Heart Health in Winters

By Dr. Viveka Kumar in Cardiac Sciences

Jan 10 , 2023 | 1 min read

Winter season is loved by everyone, but a drop in temperature can impact our health and especially our heart. Heart attacks, Stroke, Bronchitis, Accelerated Hypertension, etc., are more common during winters that negatively affect our hearts.

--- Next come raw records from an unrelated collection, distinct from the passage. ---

-- ===== src/Examples/Sources.antt =====
-- The probes and the events that they read at concrete inputs.
use daemon_choir.Base.{
  All, ℕ, ◌≡◌, none, some, List, [], ◌∷◌, false, refl, arith, replicate, Bool, true,
}
use daemon_choir.Float.Fixed.{Fixed, fixed_f64}
use daemon_choir.Events.{ProbeId, RawEvent}
use daemon_choir.Events.Hash.Collisions.{fnv1a_64_one_byte}
use daemon_choir.Events.Wire.{CpuSchedBpfEvent, from_bytes, cpu_sched_layout}
use daemon_choir.Events.Wire.Laws.{cpu_sched_bytes, from_bytes-cpu_sched}
use daemon_choir.Sync.Bounded.{Chan, chan_sender, Chan-IsMpsc}
use daemon_choir.Probes.{ProbeManager, Aya, new, start}
use daemon_choir.Probes.Pump.{Counters}
use daemon_choir.Probes.Accounting.{Accounts, HasRoom, events_in}
use daemon_choir.Probes.Poll.{RingBuf, Readiness, polled, is_waiting, poll_task, poll_task-Accounts}
use daemon_choir.Probes.Simulator.{simulate, simulated_probe}
use daemon_choir.Probes.Simulated.{made, simulate-Accounts}
use daemon_choir.Probes.Started.{AllRun, failed_count, start-AllRun, failed_count-start}
use daemon_choir.Examples.Fixtures.{chan_of}

fnv1a_64_one_byte_example : ◌≡◌ {A = ℕ} 7 7
fnv1a_64_one_byte_example =
    fnv1a_64_one_byte (1 ∷ []) (2 ∷ []) 7 7 (omega arith, tt) (omega arith) (omega arith) refl

abbrev switch : CpuSchedBpfEvent
switch = record { prev_comm_hash = 11; next_comm_hash = 12; latency_ns = 4000; cpu_id = 3 }

from_bytes-cpu_sched_example :
    from_bytes cpu_sched_layout (cpu_sched_bytes switch (0 ∷ 0 ∷ 0 ∷ 0 ∷ [])) ≡ some switch
from_bytes-cpu_sched_example =
    from_bytes-cpu_sched switch (0 ∷ 0 ∷ 0 ∷ 0 ∷ []) (omega arith) (omega arith) (omega arith)
      (omega arith) (omega arith)

abbrev counting : Counters (Chan RawEvent)
counting = record {
  tx = chan_of 1;
  events_total = 0;
  events_lost = 0;
  cumulative_lost = 4;
  last_event_us = 0;
}

-- two records of a ring buffer, and one that is too short
abbrev items : List (ℕ × List ℕ)
items = (1000, replicate 16 1) ∷ (2000, 1 ∷ 2 ∷ []) ∷ (3000, replicate 16 2) ∷ []

counting-HasRoom : HasRoom 3 counting
counting-HasRoom = record {
  total_room = omega arith;
  lost_room = omega arith;
  cumulative_room = omega arith;
}

-- two rounds that drain these records, the shutdown, and what comes too late
abbrev rounds : List (Bool × Readiness)
rounds =
    (false, Readiness.guard ((1000, replicate 16 1) ∷ (2000, 1 ∷ 2 ∷ []) ∷ []))
    ∷ (false, Readiness.guard ((3000, replicate 16 2) ∷ []))
    ∷ (true, Readiness.invalid)
    ∷ (false, Readiness.guard items)
    ∷ []

poll_task-Accounts_example :
    Accounts
      (events_in ProbeId.mem_pressure items)
      counting
      (polled (poll_task ProbeId.mem_pressure RingBuf.async_fd counting rounds))
    × (is_waiting (poll_task ProbeId.mem_pressure RingBuf.async_fd counting rounds) ≡ false)
poll_task-Accounts_example =
    poll_task-Accounts Chan-IsMpsc ProbeId.mem_pressure RingBuf.async_fd counting rounds
      counting-HasRoom

named : simulated_probe "mem_pressure" ≡ some ProbeId.mem_pressure
unfolding simulated_probe
named = refl

simulate-Accounts_example :
    Accounts
      (made Fixed "mem_pressure" 0 (1000 ∷ 2000 ∷ 3000 ∷ []))
      counting
      (simulate Fixed "mem_pressure" 0 counting (1000 ∷ 2000 ∷ 3000 ∷ []))
    × All
        (λ e. e.probe ≡ ProbeId.mem_pressure)
        (made Fixed "mem_pressure" 0 (1000 ∷ 2000 ∷ 3000 ∷ []))
simulate-Accounts_example =
    simulate-Accounts Fixed Chan-IsMpsc "mem_pressure" ProbeId.mem_pressure 0 counting
      (1000 ∷ 2000 ∷ 3000 ∷ []) named counting-HasRoom

-- a kernel that has no file of any probe
abbrev pub no_kernel : Aya ℕ ℕ
no_kernel = record {
  load_file = λ name. none;
  program_mut = λ bpf name. none;
  is_trace_point = λ p. false;
  load = λ p. false;
  attach = λ p category tp. false;
}

abbrev manager : ProbeManager (Chan RawEvent)
manager = new ("cpu_sched" ∷ "net_io" ∷ []) false (chan_of 2) 0

start-AllRun_example :
    AllRun no_kernel false manager.probes
      (start no_kernel manager).0.probes
      (start no_kernel manager).1
unfolding new
start-AllRun_example = start-AllRun no_kernel manager

failed_count-start_example : failed_count (start no_kernel manager).0.probes ≡ 0
failed_count-start_example = failed_count-start no_kernel manager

Cold weather increases the risk of lower respiratory tract infections, mainly viral, exacerbation of asthma, constriction of blood vessels (mainly due to a decrease in temperature and sympathetic nervous system activation) leading to heart attacks, arrhythmiasstroke and precipitation of heart failure symptoms in patients with prior cardiac diseases. Angina or chest pain also worsens during winter due to coronary arteries constriction. In the cold, our heart works harder to keep our body warm, and winters make it difficult as heat dissipates quickly.

Decreased physical activity due to a cold environment, increase in calorie and alcohol consumption, and increased smoking also contributes to deranged blood cholesterol, increased blood pressure, and more heart attacks during winters.

Air pollution and the deteriorating air quality index (AQI) add to the increased risk of cardiovascular diseases in winters. The global burden of disease study estimates that air pollution was responsible for 9 million deaths worldwide, 62% of which were due to cardiovascular diseases, including ischaemic heart disease (32%) and stroke (28%). Particulate matter (PM) is the most thoroughly studied component of air pollution. PM2.5 (Particles less than 2.5 microns) is strongly associated with an increased risk of heart attack, strokes, and death from heart diseases.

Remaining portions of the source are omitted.